__Data extracts__
================================

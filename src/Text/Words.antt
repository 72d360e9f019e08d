-- ===== src/Text/Words.antt =====
-- Words, and how `Fields`, `TrimSpace` and `Cut` take texts of words apart.
use connector.Base.{
  ℕ, ◌≡◌, refl, ap, ◌∙◌, Bool, true, false, ◌||◌, List, [], ◌∷◌, ◌++◌, Bytes, arith, Bool-cases,
  inl, inr, some, ==_refl, All, length, ◌≤◌, if◌then◌else◌,
}
use connector.Text.{
  is_space, is_empty, pieces, push_front, full, fields, trim_left, trim_right, trim_space, has_byte,
  cut,
}

-- No white byte.
abbrev pub IsSolid : Bytes → Type 0
IsSolid w = All (λ c. is_space c ≡ false) w

pub pieces-solid : (w : Bytes) → IsSolid w → pieces w ≡ w ∷ []
pieces-solid [] h = refl
pieces-solid (c ∷ cs) (h, hs) = rw (h, pieces-solid cs hs) refl

pub pieces-word :
    (w s : Bytes) (c : ℕ) → IsSolid w → is_space c ≡ true → pieces (w ++ c ∷ s) ≡ w ∷ pieces s
pieces-word [] s c h e = rw e refl
pieces-word (x ∷ xs) s c (h, hs) e = rw (h, pieces-word xs s c hs e) refl

-- A word in front of a white byte is the first field.
pub fields-word :
    (w s : Bytes) (c : ℕ)
    → IsSolid w
    → is_empty w ≡ false
    → is_space c ≡ true
    → fields (w ++ c ∷ s) ≡ w ∷ fields s
unfolding fields
fields-word w s c h f e = rw (pieces-word w s c h e, f) refl

pub fields-solid : (w : Bytes) → IsSolid w → is_empty w ≡ false → fields w ≡ w ∷ []
unfolding fields
fields-solid w h f = rw (pieces-solid w h, f) refl

-- Trimming does not change the fields.
fields-trim_left : (s : Bytes) → full (pieces (trim_left s)) ≡ full (pieces s)
fields-trim_left [] = refl
fields-trim_left (c ∷ cs) = elim (Bool-cases (is_space c)) [
  | inl e ↦ rw e (fields-trim_left cs)
  | inr e ↦ rw e (rw e refl)
]

-- Two splittings with one first piece and the same words behind it.
abbrev Agree : List Bytes → List Bytes → Type 0
Agree (v ∷ vs) (w ∷ ws) = (v ≡ w) × (full vs ≡ full ws)
Agree _ _ = ⊥

Agree-full : (vs ws : List Bytes) → Agree vs ws → full vs ≡ full ws
Agree-full [] ws h = absurd h
Agree-full (v ∷ vs) [] h = absurd h
Agree-full (v ∷ vs) (w ∷ ws) (e, h) = rw (e, h) refl

Agree-push_front :
    (c : ℕ) (vs ws : List Bytes) → Agree vs ws → Agree (push_front c vs) (push_front c ws)
Agree-push_front c [] ws h = absurd h
Agree-push_front c (v ∷ vs) [] h = absurd h
Agree-push_front c (v ∷ vs) (w ∷ ws) (e, h) = (ap (λ x. c ∷ x) e, h)

is_empty-nil {ℓ} : {A : Type ℓ} (s : List A) → is_empty s ≡ true → s ≡ []
is_empty-nil [] h = refl
is_empty-nil (c ∷ cs) h = cc

module _ (p : ℕ → Bool) (white : (c : ℕ) → p c ≡ true → is_space c ≡ true) where
  pieces-trim_right : (s : Bytes) → Agree (pieces (trim_right p s)) (pieces s)
  pieces-trim_right [] = (refl, refl)
  pieces-trim_right (c ∷ cs) =
      by_case c cs (p c) refl (is_empty (trim_right p cs)) refl (pieces-trim_right cs)
    where
      by_case :
          (c : ℕ) (cs : Bytes) (cuts : Bool)
          → p c ≡ cuts
          → (blank : Bool) → is_empty (trim_right p cs) ≡ blank
          → Agree (pieces (trim_right p cs)) (pieces cs)
          → Agree (pieces (trim_right p (c ∷ cs))) (pieces (c ∷ cs))
      by_case c cs true e true f h =
          rw (e, f, white c e) (refl, rw (is_empty-nil (trim_right p cs) f) at (Agree-full _ _ h))
      by_case c cs true e false f h = rw (e, f) (rw (white c e) (refl, Agree-full _ _ h))
      by_case c cs false e blank f h = rw e (kept c (trim_right p cs) cs h)
        where
          kept :
              (c : ℕ) (s t : Bytes)
              → Agree (pieces s) (pieces t)
              → Agree (pieces (c ∷ s)) (pieces (c ∷ t))
          kept c s t h = elim (Bool-cases (is_space c)) [
            | inl b ↦ rw b (refl, Agree-full _ _ h)
            | inr b ↦ rw b (Agree-push_front c (pieces s) (pieces t) h)
          ]

  pub fields-trim_right : (s : Bytes) → fields (trim_right p s) ≡ fields s
  unfolding fields
  fields-trim_right s = Agree-full _ _ (pieces-trim_right s)

  pub length-trim_right : (s : Bytes) → length (trim_right p s) ≤ length s
  length-trim_right [] = omega arith
  length-trim_right (c ∷ cs) = ground (arith, length-trim_right cs)

pub length-trim_space : (s : Bytes) → length (trim_space s) ≤ length s
unfolding trim_space
length-trim_space s =
    omega (arith, length-trim_right is_space (λ c h. h) (trim_left s), length-trim_left s)
  where
    length-trim_left : (s : Bytes) → length (trim_left s) ≤ length s
    length-trim_left [] = omega arith
    length-trim_left (c ∷ cs) = ground (arith, length-trim_left cs)

pub fields-trim_space : (s : Bytes) → fields (trim_space s) ≡ fields s
unfolding fields trim_space
fields-trim_space s = fields-trim_right is_space (λ c h. h) (trim_left s) ∙ fields-trim_left s

-- Cutting a text at a byte that the key does not have.
pub cut-key : (b : ℕ) (k v : Bytes) → has_byte b k ≡ false → cut b (k ++ b ∷ v) ≡ some (k, v)
unfolding cut
cut-key b [] v h = rw (==_refl b) refl
cut-key b (c ∷ cs) v h = ground (arith, cut-key b cs v)

pub IsSolid-append : (v w : Bytes) → IsSolid v → IsSolid w → IsSolid (v ++ w)
IsSolid-append [] w h k = k
IsSolid-append (c ∷ cs) w (h, hs) k = (h, IsSolid-append cs w hs k)

pub has_byte-append : (b : ℕ) (v w : Bytes) → has_byte b (v ++ w) ≡ (has_byte b v || has_byte b w)
has_byte-append b [] w = refl
has_byte-append b (c ∷ cs) w = ground (arith, has_byte-append b cs w)

pub has_byte_none :
    (b : ℕ) (v w : Bytes)
    → has_byte b v ≡ false
    → has_byte b w ≡ false
    → has_byte b (v ++ w) ≡ false
has_byte_none b v w h k = has_byte-append b v w ∙ rw (h, k) refl

pieces_full : (s : Bytes) → is_empty (pieces s) ≡ false
pieces_full [] = refl
pieces_full (c ∷ cs) = by_space (is_space c) (pieces cs)
  where
    by_space :
        (b : Bool) (ws : List Bytes) → is_empty (if b then [] ∷ ws else push_front c ws) ≡ false
    by_space true ws = refl
    by_space false [] = refl
    by_space false (w ∷ ws) = refl

push_front-append :
    (c : ℕ) (ws vs : List Bytes)
    → is_empty ws ≡ false
    → push_front c (ws ++ vs) ≡ push_front c ws ++ vs
push_front-append c [] vs h = cc
push_front-append c (w ∷ ws) vs h = refl

pieces-append :
    (s t : Bytes) (c : ℕ) → is_space c ≡ true → pieces (s ++ c ∷ t) ≡ pieces s ++ pieces t
pieces-append [] t c e = rw e refl
pieces-append (x ∷ xs) t c e = elim (Bool-cases (is_space x)) [
  | inl b ↦ rw b (ap (λ r. [] ∷ r) (pieces-append xs t c e))
  | inr b ↦ rw b (
      ap (push_front x) (pieces-append xs t c e)
      ∙ push_front-append x (pieces xs) (pieces t) (pieces_full xs))
]

full-append : (vs ws : List Bytes) → full (vs ++ ws) ≡ full vs ++ full ws
full-append [] ws = refl
full-append (v ∷ vs) ws = elim (Bool-cases (is_empty v)) [
  | inl e ↦ rw e (full-append vs ws)
  | inr e ↦ rw e (ap (λ r. v ∷ r) (full-append vs ws))
]

-- The fields of two texts with white space between them.
pub fields-append :
    (s t : Bytes) (c : ℕ) → is_space c ≡ true → fields (s ++ c ∷ t) ≡ fields s ++ fields t
unfolding fields
fields-append s t c e = ap full (pieces-append s t c e) ∙ full-append (pieces s) (pieces t)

================================

__Exercise aim__
Word for word, restate the lines of the data above that fall between the line holding "abbrev pub IsSolid : Bytes → Type 0" and the line holding "abbrev Agree : List", inclusive, and no other lines.

__Answer__
abbrev pub IsSolid : Bytes → Type 0
IsSolid w = All (λ c. is_space c ≡ false) w

pub pieces-solid : (w : Bytes) → IsSolid w → pieces w ≡ w ∷ []
pieces-solid [] h = refl
pieces-solid (c ∷ cs) (h, hs) = rw (h, pieces-solid cs hs) refl

pub pieces-word :
    (w s : Bytes) (c : ℕ) → IsSolid w → is_space c ≡ true → pieces (w ++ c ∷ s) ≡ w ∷ pieces s
pieces-word [] s c h e = rw e refl
pieces-word (x ∷ xs) s c (h, hs) e = rw (h, pieces-word xs s c hs e) refl

-- A word in front of a white byte is the first field.
pub fields-word :
    (w s : Bytes) (c : ℕ)
    → IsSolid w
    → is_empty w ≡ false
    → is_space c ≡ true
    → fields (w ++ c ∷ s) ≡ w ∷ fields s
unfolding fields
fields-word w s c h f e = rw (pieces-word w s c h e, f) refl

pub fields-solid : (w : Bytes) → IsSolid w → is_empty w ≡ false → fields w ≡ w ∷ []
unfolding fields
fields-solid w h f = rw (pieces-solid w h, f) refl

-- Trimming does not change the fields.
fields-trim_left : (s : Bytes) → full (pieces (trim_left s)) ≡ full (pieces s)
fields-trim_left [] = refl
fields-trim_left (c ∷ cs) = elim (Bool-cases (is_space c)) [
  | inl e ↦ rw e (fields-trim_left cs)
  | inr e ↦ rw e (rw e refl)
]

-- Two splittings with one first piece and the same words behind it.
abbrev Agree : List Bytes → List Bytes → Type 0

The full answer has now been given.